→ **Work instruction**
Please repeat exactly the line containing "abbrev pub check_rest" and each line after it in the records below, through the last.

→ **Collected data entries**
┄┄┄┄┄┄┄┄┄┄

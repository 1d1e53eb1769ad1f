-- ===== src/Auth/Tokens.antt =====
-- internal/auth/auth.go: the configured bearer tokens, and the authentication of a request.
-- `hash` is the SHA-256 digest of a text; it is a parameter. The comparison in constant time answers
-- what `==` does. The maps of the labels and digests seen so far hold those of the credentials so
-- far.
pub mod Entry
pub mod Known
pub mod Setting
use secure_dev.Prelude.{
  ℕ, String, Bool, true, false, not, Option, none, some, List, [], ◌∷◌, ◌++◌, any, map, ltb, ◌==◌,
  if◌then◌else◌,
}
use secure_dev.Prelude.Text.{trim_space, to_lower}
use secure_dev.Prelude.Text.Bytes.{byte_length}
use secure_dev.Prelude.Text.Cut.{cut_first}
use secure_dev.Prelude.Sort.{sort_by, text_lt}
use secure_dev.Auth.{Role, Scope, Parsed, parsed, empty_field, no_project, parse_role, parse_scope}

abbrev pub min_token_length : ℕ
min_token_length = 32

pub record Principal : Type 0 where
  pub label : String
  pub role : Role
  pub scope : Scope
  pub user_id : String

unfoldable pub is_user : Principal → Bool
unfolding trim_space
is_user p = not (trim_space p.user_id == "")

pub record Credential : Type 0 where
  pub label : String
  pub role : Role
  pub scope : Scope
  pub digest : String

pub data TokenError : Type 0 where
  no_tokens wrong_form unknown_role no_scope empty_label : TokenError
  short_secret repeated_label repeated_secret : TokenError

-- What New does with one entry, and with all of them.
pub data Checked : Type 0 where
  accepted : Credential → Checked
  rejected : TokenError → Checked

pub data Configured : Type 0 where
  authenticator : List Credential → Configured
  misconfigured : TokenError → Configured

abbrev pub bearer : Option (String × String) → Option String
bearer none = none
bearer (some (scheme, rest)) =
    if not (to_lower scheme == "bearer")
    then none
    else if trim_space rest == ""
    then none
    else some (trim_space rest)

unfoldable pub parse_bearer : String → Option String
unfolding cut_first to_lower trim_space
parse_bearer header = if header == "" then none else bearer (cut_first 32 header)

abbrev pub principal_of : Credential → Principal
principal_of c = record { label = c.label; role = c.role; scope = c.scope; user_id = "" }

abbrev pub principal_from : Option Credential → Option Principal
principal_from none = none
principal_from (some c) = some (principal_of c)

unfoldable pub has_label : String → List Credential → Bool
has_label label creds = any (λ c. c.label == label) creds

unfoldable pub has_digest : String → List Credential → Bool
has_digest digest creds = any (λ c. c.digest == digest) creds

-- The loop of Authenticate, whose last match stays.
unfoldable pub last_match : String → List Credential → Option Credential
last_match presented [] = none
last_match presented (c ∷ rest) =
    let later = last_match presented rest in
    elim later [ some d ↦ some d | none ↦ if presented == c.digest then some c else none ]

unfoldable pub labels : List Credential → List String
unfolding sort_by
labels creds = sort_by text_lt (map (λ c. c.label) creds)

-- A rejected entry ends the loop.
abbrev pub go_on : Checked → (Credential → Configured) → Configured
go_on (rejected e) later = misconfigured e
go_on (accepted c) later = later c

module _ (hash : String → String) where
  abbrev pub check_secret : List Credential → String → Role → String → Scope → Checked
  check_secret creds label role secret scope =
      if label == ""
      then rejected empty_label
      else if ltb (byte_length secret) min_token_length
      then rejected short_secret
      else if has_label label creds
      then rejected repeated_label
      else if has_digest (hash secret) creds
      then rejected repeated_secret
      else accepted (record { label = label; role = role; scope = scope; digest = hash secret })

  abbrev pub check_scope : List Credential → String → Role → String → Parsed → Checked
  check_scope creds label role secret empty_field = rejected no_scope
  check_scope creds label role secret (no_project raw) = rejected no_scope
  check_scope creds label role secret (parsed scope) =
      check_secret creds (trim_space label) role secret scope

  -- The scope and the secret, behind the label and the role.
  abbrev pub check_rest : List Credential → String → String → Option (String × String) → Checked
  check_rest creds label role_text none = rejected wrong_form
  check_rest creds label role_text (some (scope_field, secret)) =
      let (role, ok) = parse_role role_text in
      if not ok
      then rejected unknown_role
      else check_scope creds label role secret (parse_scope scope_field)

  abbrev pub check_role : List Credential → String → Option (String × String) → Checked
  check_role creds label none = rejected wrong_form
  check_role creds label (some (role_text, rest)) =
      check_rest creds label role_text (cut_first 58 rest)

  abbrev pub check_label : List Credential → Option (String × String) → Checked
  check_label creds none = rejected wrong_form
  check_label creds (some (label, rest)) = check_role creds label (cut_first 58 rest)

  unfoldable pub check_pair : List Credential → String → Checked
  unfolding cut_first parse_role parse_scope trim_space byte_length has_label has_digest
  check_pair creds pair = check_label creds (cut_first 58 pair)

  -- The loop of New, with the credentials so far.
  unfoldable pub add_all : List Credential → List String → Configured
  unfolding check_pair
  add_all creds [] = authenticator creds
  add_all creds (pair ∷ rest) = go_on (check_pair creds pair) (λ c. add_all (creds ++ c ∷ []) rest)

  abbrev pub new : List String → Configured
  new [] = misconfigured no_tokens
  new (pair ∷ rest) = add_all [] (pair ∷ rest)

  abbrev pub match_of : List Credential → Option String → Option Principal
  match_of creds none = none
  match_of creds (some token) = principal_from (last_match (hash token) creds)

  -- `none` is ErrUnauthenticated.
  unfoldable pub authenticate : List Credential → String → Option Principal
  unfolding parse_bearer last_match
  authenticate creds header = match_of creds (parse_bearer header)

┄┄┄┄┄┄┄┄┄┄

→ **Answer to this problem**
  abbrev pub check_rest : List Credential → String → String → Option (String × String) → Checked
  check_rest creds label role_text none = rejected wrong_form
  check_rest creds label role_text (some (scope_field, secret)) =
      let (role, ok) = parse_role role_text in
      if not ok
      then rejected unknown_role
      else check_scope creds label role secret (parse_scope scope_field)

  abbrev pub check_role : List Credential → String → Option (String × String) → Checked
  check_role creds label none = rejected wrong_form
  check_role creds label (some (role_text, rest)) =
      check_rest creds label role_text (cut_first 58 rest)

  abbrev pub check_label : List Credential → Option (String × String) → Checked
  check_label creds none = rejected wrong_form
  check_label creds (some (label, rest)) = check_role creds label (cut_first 58 rest)

  unfoldable pub check_pair : List Credential → String → Checked
  unfolding cut_first parse_role parse_scope trim_space byte_length has_label has_digest
  check_pair creds pair = check_label creds (cut_first 58 pair)

  -- The loop of New, with the credentials so far.
  unfoldable pub add_all : List Credential → List String → Configured
  unfolding check_pair
  add_all creds [] = authenticator creds
  add_all creds (pair ∷ rest) = go_on (check_pair creds pair) (λ c. add_all (creds ++ c ∷ []) rest)

  abbrev pub new : List String → Configured
  new [] = misconfigured no_tokens
  new (pair ∷ rest) = add_all [] (pair ∷ rest)

  abbrev pub match_of : List Credential → Option String → Option Principal
  match_of creds none = none
  match_of creds (some token) = principal_from (last_match (hash token) creds)

  -- `none` is ErrUnauthenticated.
  unfoldable pub authenticate : List Credential → String → Option Principal
  unfolding parse_bearer last_match
  authenticate creds header = match_of creds (parse_bearer header)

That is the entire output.